#### WORK TO BE COMPLETED:
Below are the lines to check; count those holding the string "that" and give only the number.

#### MATERIAL PROVIDED:
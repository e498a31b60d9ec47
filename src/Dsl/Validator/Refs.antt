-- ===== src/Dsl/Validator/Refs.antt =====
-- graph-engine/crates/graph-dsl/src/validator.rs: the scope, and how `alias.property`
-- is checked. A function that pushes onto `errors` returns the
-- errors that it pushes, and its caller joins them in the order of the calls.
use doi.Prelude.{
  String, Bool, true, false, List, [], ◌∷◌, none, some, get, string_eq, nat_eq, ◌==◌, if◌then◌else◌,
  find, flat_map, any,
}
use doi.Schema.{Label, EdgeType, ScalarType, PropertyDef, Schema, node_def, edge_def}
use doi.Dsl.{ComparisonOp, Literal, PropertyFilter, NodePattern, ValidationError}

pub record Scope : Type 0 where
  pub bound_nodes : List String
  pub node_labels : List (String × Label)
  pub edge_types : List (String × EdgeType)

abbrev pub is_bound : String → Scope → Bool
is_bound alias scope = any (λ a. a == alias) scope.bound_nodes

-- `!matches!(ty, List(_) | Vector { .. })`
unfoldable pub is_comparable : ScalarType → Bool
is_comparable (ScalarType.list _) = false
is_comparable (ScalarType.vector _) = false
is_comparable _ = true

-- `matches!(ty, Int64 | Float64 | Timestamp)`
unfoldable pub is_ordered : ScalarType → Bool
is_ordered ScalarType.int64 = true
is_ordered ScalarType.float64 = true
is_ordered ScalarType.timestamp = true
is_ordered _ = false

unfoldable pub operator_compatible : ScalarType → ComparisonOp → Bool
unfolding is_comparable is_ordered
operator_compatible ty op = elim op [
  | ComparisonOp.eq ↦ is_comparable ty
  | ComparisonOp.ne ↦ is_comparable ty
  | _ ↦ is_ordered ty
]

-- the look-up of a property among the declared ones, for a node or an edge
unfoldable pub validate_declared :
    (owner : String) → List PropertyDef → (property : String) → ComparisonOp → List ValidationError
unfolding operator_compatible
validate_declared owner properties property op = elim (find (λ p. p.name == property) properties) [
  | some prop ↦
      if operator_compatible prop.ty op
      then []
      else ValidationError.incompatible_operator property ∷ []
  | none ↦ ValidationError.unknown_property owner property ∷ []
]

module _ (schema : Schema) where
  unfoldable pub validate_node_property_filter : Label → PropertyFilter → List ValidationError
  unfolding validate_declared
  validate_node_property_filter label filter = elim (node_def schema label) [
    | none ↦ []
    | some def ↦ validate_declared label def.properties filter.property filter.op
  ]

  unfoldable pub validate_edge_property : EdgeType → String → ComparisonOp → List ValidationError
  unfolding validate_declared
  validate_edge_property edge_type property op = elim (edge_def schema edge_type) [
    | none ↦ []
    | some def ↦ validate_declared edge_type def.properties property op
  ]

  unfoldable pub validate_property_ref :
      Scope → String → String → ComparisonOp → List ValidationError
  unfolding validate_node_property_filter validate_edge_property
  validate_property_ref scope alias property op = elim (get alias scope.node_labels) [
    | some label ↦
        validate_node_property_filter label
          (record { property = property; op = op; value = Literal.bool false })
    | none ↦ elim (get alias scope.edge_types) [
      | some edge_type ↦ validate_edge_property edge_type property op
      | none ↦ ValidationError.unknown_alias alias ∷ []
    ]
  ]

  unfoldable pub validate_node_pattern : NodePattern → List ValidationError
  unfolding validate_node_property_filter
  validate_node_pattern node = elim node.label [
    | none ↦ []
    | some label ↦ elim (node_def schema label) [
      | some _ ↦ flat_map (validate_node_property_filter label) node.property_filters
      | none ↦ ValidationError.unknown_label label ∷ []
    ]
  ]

...

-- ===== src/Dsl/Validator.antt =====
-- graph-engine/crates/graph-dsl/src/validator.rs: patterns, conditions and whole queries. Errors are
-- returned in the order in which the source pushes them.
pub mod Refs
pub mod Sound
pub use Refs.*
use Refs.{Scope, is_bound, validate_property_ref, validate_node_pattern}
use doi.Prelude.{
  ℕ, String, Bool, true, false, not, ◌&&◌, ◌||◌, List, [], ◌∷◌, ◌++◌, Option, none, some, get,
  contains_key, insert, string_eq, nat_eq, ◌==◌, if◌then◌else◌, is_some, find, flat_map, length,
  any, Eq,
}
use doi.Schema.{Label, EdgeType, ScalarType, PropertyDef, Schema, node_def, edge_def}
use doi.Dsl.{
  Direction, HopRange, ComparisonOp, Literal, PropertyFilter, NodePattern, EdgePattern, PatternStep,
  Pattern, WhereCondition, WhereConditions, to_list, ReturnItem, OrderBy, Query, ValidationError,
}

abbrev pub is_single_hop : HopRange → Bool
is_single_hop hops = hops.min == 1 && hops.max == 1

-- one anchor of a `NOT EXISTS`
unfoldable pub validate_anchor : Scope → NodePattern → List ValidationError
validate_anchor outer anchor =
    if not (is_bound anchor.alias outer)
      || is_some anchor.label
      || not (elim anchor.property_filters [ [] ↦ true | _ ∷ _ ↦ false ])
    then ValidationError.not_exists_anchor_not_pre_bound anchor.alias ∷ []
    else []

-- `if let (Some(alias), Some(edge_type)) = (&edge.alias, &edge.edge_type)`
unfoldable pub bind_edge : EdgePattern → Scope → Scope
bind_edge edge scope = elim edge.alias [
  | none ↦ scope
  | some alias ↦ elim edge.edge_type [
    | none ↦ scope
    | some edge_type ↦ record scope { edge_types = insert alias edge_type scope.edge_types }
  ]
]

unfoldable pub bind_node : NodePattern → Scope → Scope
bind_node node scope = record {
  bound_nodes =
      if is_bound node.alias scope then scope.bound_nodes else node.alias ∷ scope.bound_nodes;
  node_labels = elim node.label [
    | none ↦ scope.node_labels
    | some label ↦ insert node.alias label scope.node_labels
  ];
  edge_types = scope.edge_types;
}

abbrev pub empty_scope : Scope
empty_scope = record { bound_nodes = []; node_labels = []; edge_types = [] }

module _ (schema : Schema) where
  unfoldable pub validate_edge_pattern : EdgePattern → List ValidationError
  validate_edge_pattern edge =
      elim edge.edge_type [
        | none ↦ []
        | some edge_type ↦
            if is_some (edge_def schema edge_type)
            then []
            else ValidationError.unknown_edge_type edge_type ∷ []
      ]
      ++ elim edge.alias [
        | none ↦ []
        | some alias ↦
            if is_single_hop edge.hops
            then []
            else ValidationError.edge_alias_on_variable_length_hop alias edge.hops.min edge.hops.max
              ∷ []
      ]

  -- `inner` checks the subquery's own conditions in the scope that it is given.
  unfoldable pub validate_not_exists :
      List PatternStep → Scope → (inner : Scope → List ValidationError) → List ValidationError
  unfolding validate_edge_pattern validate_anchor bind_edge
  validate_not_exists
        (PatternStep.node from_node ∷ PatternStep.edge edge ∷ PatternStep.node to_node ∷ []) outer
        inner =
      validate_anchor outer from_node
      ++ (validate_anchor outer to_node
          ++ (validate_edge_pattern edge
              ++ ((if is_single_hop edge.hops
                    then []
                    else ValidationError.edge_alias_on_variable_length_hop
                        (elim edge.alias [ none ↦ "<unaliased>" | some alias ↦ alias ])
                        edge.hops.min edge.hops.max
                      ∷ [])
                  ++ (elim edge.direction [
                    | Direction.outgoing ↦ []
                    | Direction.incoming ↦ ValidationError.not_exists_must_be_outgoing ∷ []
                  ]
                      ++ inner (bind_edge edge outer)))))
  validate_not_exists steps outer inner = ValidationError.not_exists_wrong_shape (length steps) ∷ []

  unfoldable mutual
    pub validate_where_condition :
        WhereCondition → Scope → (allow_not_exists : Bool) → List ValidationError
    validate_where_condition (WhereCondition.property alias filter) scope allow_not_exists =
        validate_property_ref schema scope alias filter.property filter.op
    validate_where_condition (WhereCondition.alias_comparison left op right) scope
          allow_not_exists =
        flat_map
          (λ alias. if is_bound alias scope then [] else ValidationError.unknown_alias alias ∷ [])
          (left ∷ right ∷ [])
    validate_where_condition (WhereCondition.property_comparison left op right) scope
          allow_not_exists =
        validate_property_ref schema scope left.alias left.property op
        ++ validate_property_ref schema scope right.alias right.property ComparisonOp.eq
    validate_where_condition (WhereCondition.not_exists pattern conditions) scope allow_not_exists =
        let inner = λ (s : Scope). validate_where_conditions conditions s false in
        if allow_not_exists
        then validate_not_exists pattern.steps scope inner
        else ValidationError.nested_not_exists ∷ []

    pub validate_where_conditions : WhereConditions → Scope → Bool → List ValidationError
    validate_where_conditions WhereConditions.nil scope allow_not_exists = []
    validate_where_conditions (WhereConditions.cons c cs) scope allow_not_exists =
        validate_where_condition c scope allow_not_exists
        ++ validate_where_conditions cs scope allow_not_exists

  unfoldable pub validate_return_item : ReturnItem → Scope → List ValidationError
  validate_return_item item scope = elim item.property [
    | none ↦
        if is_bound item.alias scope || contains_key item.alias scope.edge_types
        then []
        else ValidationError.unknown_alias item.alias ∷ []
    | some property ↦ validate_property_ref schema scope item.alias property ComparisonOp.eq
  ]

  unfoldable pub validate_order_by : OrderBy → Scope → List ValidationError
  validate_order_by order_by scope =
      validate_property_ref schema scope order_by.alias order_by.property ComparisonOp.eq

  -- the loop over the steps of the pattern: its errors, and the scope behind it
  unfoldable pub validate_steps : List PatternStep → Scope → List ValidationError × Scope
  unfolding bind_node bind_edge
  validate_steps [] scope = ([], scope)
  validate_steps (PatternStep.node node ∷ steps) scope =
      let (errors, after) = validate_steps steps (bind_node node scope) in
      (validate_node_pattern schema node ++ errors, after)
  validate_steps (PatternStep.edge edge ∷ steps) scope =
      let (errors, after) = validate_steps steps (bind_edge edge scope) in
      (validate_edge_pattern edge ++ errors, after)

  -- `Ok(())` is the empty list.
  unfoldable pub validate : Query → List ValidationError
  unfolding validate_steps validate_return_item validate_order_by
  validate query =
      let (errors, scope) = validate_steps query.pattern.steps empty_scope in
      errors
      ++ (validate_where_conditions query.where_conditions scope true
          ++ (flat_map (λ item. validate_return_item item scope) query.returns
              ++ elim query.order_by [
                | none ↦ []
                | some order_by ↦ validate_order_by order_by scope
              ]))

#### OUTPUT:
3